### WORK INSTRUCTION
Print this span of the material below exactly: the line with "location_items = [];", the line with "IsWhole-append (location_lines l.id", and every line between them, but nothing else.

### SOURCE MATERIAL

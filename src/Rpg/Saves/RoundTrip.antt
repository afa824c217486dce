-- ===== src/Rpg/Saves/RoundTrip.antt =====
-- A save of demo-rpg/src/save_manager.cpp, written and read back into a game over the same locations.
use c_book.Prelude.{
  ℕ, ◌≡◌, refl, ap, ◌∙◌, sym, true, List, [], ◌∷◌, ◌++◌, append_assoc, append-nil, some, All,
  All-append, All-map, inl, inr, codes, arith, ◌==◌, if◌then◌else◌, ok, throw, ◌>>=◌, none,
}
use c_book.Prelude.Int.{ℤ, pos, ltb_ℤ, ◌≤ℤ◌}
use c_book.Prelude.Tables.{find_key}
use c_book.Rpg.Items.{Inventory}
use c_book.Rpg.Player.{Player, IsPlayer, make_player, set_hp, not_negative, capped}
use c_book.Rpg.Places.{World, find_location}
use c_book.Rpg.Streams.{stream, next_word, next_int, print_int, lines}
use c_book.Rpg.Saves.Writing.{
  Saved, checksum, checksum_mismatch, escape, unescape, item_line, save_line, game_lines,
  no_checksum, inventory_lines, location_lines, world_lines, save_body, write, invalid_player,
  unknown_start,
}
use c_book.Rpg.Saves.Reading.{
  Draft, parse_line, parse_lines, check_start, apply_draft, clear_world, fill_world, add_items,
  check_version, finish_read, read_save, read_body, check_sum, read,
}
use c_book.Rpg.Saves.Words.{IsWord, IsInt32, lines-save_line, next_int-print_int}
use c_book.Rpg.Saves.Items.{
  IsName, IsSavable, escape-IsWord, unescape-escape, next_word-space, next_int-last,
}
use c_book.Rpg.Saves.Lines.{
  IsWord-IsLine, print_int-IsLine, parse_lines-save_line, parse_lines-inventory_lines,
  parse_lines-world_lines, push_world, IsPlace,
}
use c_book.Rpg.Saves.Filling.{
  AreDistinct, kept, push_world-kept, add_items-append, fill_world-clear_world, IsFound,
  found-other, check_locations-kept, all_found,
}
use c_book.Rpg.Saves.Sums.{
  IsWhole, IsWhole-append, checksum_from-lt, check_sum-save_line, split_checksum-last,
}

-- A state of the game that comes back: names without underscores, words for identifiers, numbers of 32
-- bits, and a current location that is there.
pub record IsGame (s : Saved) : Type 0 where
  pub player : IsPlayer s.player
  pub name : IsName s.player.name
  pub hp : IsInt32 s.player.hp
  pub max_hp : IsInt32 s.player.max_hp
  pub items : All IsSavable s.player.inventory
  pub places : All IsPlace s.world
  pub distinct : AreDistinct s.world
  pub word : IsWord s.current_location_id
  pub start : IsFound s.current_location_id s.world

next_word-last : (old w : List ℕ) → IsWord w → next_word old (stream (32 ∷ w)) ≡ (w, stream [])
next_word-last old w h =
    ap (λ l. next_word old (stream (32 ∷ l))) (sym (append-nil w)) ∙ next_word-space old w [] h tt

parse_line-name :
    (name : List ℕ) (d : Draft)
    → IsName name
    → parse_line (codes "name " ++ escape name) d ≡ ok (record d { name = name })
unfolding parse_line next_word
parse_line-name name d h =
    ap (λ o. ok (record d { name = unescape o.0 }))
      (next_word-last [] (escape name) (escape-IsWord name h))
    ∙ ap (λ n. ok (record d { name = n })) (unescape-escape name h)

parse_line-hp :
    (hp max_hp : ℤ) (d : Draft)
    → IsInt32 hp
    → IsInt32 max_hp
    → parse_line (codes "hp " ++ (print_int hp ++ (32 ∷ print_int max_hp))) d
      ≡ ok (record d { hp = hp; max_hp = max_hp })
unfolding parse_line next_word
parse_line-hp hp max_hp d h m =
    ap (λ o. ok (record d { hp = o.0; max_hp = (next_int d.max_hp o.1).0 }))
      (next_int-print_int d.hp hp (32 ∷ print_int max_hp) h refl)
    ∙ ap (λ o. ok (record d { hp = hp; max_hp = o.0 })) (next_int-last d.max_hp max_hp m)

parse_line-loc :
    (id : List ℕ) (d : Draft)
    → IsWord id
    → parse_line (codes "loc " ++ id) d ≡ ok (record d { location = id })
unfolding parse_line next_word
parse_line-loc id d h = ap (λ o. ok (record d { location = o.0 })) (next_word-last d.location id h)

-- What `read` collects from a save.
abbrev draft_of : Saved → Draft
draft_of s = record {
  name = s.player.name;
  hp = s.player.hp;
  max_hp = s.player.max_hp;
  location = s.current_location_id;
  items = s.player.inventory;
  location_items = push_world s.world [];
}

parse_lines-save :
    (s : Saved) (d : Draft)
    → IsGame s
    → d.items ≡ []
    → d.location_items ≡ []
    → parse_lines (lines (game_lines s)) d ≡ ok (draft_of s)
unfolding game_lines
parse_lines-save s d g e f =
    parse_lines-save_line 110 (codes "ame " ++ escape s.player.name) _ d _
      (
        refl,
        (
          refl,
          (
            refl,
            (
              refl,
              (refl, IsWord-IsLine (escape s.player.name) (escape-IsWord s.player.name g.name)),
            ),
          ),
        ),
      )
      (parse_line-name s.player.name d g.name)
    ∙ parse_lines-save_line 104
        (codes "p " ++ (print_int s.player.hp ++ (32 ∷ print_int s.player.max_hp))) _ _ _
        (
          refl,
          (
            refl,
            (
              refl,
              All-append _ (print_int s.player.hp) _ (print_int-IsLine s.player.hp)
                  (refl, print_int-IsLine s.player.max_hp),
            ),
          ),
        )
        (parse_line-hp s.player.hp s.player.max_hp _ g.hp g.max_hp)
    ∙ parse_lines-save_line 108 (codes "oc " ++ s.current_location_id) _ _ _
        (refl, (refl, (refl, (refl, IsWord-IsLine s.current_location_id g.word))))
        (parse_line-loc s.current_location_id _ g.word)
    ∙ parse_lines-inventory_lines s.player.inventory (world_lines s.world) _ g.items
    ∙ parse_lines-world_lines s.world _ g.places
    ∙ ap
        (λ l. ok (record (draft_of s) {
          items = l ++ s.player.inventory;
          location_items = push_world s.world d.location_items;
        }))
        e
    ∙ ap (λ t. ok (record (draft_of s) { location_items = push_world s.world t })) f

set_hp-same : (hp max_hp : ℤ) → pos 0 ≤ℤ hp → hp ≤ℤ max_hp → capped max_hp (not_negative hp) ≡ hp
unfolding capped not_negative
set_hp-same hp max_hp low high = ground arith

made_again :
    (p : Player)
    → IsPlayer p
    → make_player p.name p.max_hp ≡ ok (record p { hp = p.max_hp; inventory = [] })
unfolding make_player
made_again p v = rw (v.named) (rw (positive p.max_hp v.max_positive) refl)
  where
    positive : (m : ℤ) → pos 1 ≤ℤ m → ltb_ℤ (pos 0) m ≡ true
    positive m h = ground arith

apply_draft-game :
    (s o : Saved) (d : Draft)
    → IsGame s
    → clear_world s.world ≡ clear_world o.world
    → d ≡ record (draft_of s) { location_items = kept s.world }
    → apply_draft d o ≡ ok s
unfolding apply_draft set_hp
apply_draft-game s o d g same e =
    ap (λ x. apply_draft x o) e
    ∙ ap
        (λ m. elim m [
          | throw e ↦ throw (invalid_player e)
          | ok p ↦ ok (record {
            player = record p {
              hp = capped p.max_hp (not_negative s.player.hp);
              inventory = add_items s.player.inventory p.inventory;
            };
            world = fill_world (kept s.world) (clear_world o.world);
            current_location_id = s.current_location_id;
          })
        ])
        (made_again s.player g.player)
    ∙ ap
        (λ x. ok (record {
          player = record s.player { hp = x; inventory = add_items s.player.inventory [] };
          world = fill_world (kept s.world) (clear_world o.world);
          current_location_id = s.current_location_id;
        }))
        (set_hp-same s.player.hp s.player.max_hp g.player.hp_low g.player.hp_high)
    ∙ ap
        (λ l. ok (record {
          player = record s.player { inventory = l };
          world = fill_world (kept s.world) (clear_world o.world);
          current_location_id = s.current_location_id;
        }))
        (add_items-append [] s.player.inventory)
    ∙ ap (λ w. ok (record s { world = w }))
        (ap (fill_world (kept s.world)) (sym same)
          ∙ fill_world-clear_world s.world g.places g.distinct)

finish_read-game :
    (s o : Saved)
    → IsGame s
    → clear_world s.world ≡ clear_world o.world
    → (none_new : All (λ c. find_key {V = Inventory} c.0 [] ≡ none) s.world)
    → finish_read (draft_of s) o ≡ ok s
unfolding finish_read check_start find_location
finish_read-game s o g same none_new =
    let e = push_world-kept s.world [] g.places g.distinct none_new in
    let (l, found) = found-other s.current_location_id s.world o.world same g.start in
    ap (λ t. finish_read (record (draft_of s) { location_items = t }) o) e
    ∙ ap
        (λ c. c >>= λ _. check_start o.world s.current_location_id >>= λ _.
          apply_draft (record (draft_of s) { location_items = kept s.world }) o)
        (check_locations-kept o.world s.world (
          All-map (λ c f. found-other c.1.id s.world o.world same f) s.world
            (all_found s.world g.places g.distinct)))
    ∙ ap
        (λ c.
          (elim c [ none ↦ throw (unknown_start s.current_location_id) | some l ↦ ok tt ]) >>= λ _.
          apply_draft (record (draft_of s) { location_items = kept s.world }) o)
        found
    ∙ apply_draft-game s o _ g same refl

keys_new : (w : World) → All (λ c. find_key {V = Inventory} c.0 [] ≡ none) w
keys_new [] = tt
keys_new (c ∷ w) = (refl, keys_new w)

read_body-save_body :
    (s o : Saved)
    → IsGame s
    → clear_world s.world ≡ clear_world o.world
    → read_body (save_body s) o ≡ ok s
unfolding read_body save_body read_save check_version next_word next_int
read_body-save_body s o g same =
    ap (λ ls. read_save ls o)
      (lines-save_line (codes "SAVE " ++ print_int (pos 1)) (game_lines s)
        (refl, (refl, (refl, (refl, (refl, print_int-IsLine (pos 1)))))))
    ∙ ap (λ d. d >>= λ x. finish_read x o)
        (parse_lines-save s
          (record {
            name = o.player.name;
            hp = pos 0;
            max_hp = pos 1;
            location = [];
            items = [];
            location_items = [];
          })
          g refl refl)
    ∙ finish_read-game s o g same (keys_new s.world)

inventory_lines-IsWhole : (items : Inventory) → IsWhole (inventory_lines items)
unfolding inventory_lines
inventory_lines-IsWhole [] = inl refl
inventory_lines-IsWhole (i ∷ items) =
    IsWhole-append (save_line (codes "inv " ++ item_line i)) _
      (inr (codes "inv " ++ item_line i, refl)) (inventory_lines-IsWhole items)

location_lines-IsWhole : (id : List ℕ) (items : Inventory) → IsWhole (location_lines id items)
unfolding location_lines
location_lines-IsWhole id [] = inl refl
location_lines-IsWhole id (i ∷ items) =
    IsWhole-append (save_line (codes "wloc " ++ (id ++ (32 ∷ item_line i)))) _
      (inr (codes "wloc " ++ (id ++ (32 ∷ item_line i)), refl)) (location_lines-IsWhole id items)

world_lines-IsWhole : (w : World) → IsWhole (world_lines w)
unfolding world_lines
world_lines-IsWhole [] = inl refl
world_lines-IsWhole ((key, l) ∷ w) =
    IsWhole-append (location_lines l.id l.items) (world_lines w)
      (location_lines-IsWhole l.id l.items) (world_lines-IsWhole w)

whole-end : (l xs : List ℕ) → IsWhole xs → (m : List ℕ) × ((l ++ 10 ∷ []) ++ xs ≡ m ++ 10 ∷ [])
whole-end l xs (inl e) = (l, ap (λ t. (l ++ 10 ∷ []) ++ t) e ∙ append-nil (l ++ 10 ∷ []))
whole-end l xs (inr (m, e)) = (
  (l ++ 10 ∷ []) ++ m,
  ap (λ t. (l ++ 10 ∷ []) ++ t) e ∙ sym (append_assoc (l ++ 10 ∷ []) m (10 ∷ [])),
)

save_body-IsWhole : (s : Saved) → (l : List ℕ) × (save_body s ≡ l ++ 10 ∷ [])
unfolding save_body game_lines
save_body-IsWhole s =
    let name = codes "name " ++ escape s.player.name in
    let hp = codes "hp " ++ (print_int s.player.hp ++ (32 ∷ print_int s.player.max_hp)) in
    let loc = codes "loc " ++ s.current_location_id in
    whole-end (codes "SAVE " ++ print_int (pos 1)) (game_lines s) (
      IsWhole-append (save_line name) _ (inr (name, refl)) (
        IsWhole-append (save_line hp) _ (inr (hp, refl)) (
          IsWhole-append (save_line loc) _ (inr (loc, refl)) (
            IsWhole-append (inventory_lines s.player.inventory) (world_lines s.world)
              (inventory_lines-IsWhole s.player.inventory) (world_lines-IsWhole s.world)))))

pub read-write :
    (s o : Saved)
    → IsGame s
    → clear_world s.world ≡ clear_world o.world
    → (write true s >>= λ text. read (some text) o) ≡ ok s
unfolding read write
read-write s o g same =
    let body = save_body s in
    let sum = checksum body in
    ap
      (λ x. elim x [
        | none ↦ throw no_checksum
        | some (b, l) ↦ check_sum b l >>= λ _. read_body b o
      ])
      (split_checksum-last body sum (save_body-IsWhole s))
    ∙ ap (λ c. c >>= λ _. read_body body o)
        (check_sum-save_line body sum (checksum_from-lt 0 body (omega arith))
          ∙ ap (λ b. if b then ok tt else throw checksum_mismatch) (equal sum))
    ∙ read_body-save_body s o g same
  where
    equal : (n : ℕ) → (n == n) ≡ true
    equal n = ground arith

### REPLY
            location_items = [];
          })
          g refl refl)
    ∙ finish_read-game s o g same (keys_new s.world)

inventory_lines-IsWhole : (items : Inventory) → IsWhole (inventory_lines items)
unfolding inventory_lines
inventory_lines-IsWhole [] = inl refl
inventory_lines-IsWhole (i ∷ items) =
    IsWhole-append (save_line (codes "inv " ++ item_line i)) _
      (inr (codes "inv " ++ item_line i, refl)) (inventory_lines-IsWhole items)

location_lines-IsWhole : (id : List ℕ) (items : Inventory) → IsWhole (location_lines id items)
unfolding location_lines
location_lines-IsWhole id [] = inl refl
location_lines-IsWhole id (i ∷ items) =
    IsWhole-append (save_line (codes "wloc " ++ (id ++ (32 ∷ item_line i)))) _
      (inr (codes "wloc " ++ (id ++ (32 ∷ item_line i)), refl)) (location_lines-IsWhole id items)

world_lines-IsWhole : (w : World) → IsWhole (world_lines w)
unfolding world_lines
world_lines-IsWhole [] = inl refl
world_lines-IsWhole ((key, l) ∷ w) =
    IsWhole-append (location_lines l.id l.items) (world_lines w)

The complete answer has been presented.